───── Data supplied

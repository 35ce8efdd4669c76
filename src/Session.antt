-- ===== src/Session.antt =====
-- backend/app/mcp/session_state.py: the lock that lets one worker at a time hold the event stream
-- of a session. Times are seconds. Redis is a parameter, with the commands that the lock uses. A
-- refresh and a release are two commands each, a GET and an EXPIRE or DEL: the second takes what the
-- GET has brought as an argument, and any commands of other workers may come between the two.
pub mod Exclusive
mod Refresh
mod State
pub mod Examples
use Prim.Native.String.{◌++◌ as append}
use claude_todo.Prelude.{
  ℕ, ◌+◌, ◌≤◌, String, ◌≡◌, Bool, true, false, Option, none, some, List, [], ◌∷◌, ◌==◌, string_eq,
  if◌then◌else◌, ltb,
}

-- SET with `nx` and `ex` answers whether it has set the key.
pub record Locks : Type 1 where
  pub Store : Type 0
  pub get : ℕ → Store → String → Option String
  pub set_nx : ℕ → String → String → ℕ → Store → Bool × Store
  pub expire : ℕ → String → ℕ → Store → Store
  pub delete : String → Store → Store
  pub set_nx_free :
      (now t : ℕ) (s : Store) (key v : String) (ex : ℕ)
      → get now s key ≡ none
      → now ≤ t
      → get t (set_nx now key v ex s).1 key ≡ (if ltb t (now + ex) then some v else none)
  pub set_nx_held :
      (now : ℕ) (s : Store) (key v w : String) (ex : ℕ)
      → get now s key ≡ some w
      → set_nx now key v ex s ≡ (false, s)
  pub expire_get :
      (now t : ℕ) (s : Store) (key v : String) (ex : ℕ)
      → get now s key ≡ some v
      → now ≤ t
      → get t (expire now key ex s) key ≡ (if ltb t (now + ex) then some v else none)
  pub delete_get : (t : ℕ) (s : Store) (key : String) → get t (delete key s) key ≡ none

abbrev pub sse_holder_ttl : ℕ
sse_holder_ttl = 60

abbrev pub sse_holder_key : String → String
sse_holder_key sid = append "mcp:v1:sse_holder:" sid

abbrev pub is_holder : Option String → String → Bool
is_holder none holder_id = false
is_holder (some current) holder_id = current == holder_id

module _ (r : Locks) (sid : String) where
  open r use {Store, get, set_nx, expire, delete}

  unfoldable pub acquire_sse_holder : ℕ → String → Store → Bool × Store
  acquire_sse_holder now holder_id s = set_nx now (sse_holder_key sid) holder_id sse_holder_ttl s

  -- The GET of a refresh or a release.
  abbrev pub get_holder : ℕ → Store → Option String
  get_holder now s = get now s (sse_holder_key sid)

  -- `current` is what the GET has brought, and `now` the time of the EXPIRE.
  unfoldable pub refresh_sse_holder : Option String → ℕ → String → Store → Bool × Store
  refresh_sse_holder current now holder_id s =
      if is_holder current holder_id
      then (true, expire now (sse_holder_key sid) sse_holder_ttl s)
      else (false, s)

  -- `current` is what the GET has brought.
  unfoldable pub release_sse_holder_if_owner : Option String → String → Store → Store
  release_sse_holder_if_owner current holder_id s =
      if is_holder current holder_id then delete (sse_holder_key sid) s else s

  -- A round of the loop: the times of its GET and its EXPIRE, and what the other workers do with the
  -- store before the one and before the other.
  pub record Round : Type 0 where
    pub read_at : ℕ
    pub write_at : ℕ
    pub asleep : Store → Store
    pub between : Store → Store

  -- `run_holder_refresh_loop` for a number of rounds: false once the lock is lost.
  unfoldable pub run_holder_refresh_loop : List Round → String → Store → Bool × Store
  unfolding refresh_sse_holder
  run_holder_refresh_loop [] holder_id s = (true, s)
  run_holder_refresh_loop (n ∷ rounds) holder_id s =
      let s' = n.asleep s in
      let (still_owner, s'') =
        refresh_sse_holder (get_holder n.read_at s') n.write_at holder_id (n.between s') in
      let rest = run_holder_refresh_loop rounds holder_id s'' in
      if still_owner then rest else (false, s'')
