-- ===== src/Pagination.antt =====
-- `order_by(column.desc()).limit(limit).offset(offset)`, which the listing routes share. The order
-- among rows of the same time is the order of the table.
pub mod Laws
use perzforge.Prelude.{ℕ, List, [], ◌∷◌, ltb, take, drop, if◌then◌else◌}

module _ {A : Type 0} where
  -- Insert before the first row that is older.
  unfoldable pub insert_desc : (A → ℕ) → A → List A → List A
  insert_desc time x [] = x ∷ []
  insert_desc time x (y ∷ ys) =
      let rest = insert_desc time x ys in if ltb (time x) (time y) then y ∷ rest else x ∷ y ∷ ys

  unfoldable pub order_desc : (A → ℕ) → List A → List A
  unfolding insert_desc
  order_desc time [] = []
  order_desc time (x ∷ xs) = insert_desc time x (order_desc time xs)

  unfoldable pub page : (A → ℕ) → ℕ → ℕ → List A → List A
  unfolding order_desc
  page time limit offset rows = take limit (drop offset (order_desc time rows))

──────────

About this exercise: Exactly as written, transcribe each line of the data.

Answer box:
repository 35ce8efdd4669c76
filename src/Session.antt
-- ===== src/Session.antt =====
-- backend/app/mcp/session_state.py: the lock that lets one worker at a time hold the event stream
-- of a session. Times are seconds. Redis is a parameter, with the commands that the lock uses. A
-- refresh and a release are two commands each, a GET and an EXPIRE or DEL: the second takes what the
-- GET has brought as an argument, and any commands of other workers may come between the two.
pub mod Exclusive
mod Refresh
mod State
pub mod Examples
use Prim.Native.String.{◌++◌ as append}
use claude_todo.Prelude.{
  ℕ, ◌+◌, ◌≤◌, String, ◌≡◌, Bool, true, false, Option, none, some, List, [], ◌∷◌, ◌==◌, string_eq,
  if◌then◌else◌, ltb,
}

-- SET with `nx` and `ex` answers whether it has set the key.
pub record Locks : Type 1 where
  pub Store : Type 0
  pub get : ℕ → Store → String → Option String
  pub set_nx : ℕ → String → String → ℕ → Store → Bool × Store
  pub expire : ℕ → String → ℕ → Store → Store
  pub delete : String → Store → Store
  pub set_nx_free :
      (now t : ℕ) (s : Store) (key v : String) (ex : ℕ)
      → get now s key ≡ none
      → now ≤ t
      → get t (set_nx now key v ex s).1 key ≡ (if ltb t (now + ex) then some v else none)
  pub set_nx_held :
      (now : ℕ) (s : Store) (key v w : String) (ex : ℕ)
      → get now s key ≡ some w
      → set_nx now key v ex s ≡ (false, s)
  pub expire_get :
      (now t : ℕ) (s : Store) (key v : String) (ex : ℕ)
      → get now s key ≡ some v
      → now ≤ t
      → get t (expire now key ex s) key ≡ (if ltb t (now + ex) then some v else none)
  pub delete_get : (t : ℕ) (s : Store) (key : String) → get t (delete key s) key ≡ none

abbrev pub sse_holder_ttl : ℕ
sse_holder_ttl = 60

abbrev pub sse_holder_key : String → String
sse_holder_key sid = append "mcp:v1:sse_holder:" sid

abbrev pub is_holder : Option String → String → Bool
is_holder none holder_id = false
is_holder (some current) holder_id = current == holder_id

module _ (r : Locks) (sid : String) where
  open r use {Store, get, set_nx, expire, delete}

  unfoldable pub acquire_sse_holder : ℕ → String → Store → Bool × Store
  acquire_sse_holder now holder_id s = set_nx now (sse_holder_key sid) holder_id sse_holder_ttl s

  -- The GET of a refresh or a release.
  abbrev pub get_holder : ℕ → Store → Option String
  get_holder now s = get now s (sse_holder_key sid)

  -- `current` is what the GET has brought, and `now` the time of the EXPIRE.
  unfoldable pub refresh_sse_holder : Option String → ℕ → String → Store → Bool × Store
  refresh_sse_holder current now holder_id s =
      if is_holder current holder_id
      then (true, expire now (sse_holder_key sid) sse_holder_ttl s)
      else (false, s)

  -- `current` is what the GET has brought.
  unfoldable pub release_sse_holder_if_owner : Option String → String → Store → Store
  release_sse_holder_if_owner current holder_id s =
      if is_holder current holder_id then delete (sse_holder_key sid) s else s

  -- A round of the loop: the times of its GET and its EXPIRE, and what the other workers do with the
  -- store before the one and before the other.
  pub record Round : Type 0 where
    pub read_at : ℕ
    pub write_at : ℕ
    pub asleep : Store → Store
    pub between : Store → Store

  -- `run_holder_refresh_loop` for a number of rounds: false once the lock is lost.
  unfoldable pub run_holder_refresh_loop : List Round → String → Store → Bool × Store
  unfolding refresh_sse_holder
  run_holder_refresh_loop [] holder_id s = (true, s)
  run_holder_refresh_loop (n ∷ rounds) holder_id s =
      let s' = n.asleep s in
      let (still_owner, s'') =
        refresh_sse_holder (get_holder n.read_at s') n.write_at holder_id (n.between s') in
      let rest = run_holder_refresh_loop rounds holder_id s'' in
      if still_owner then rest else (false, s'')
-- ===== src/Pagination.antt =====
-- `order_by(column.desc()).limit(limit).offset(offset)`, which the listing routes share. The order
-- among rows of the same time is the order of the table.
pub mod Laws
use perzforge.Prelude.{ℕ, List, [], ◌∷◌, ltb, take, drop, if◌then◌else◌}

module _ {A : Type 0} where
  -- Insert before the first row that is older.
  unfoldable pub insert_desc : (A → ℕ) → A → List A → List A
  insert_desc time x [] = x ∷ []
  insert_desc time x (y ∷ ys) =
      let rest = insert_desc time x ys in if ltb (time x) (time y) then y ∷ rest else x ∷ y ∷ ys

  unfoldable pub order_desc : (A → ℕ) → List A → List A
  unfolding insert_desc
  order_desc time [] = []
  order_desc time (x ∷ xs) = insert_desc time x (order_desc time xs)

  unfoldable pub page : (A → ℕ) → ℕ → ℕ → List A → List A
  unfolding order_desc
  page time limit offset rows = take limit (drop offset (order_desc time rows))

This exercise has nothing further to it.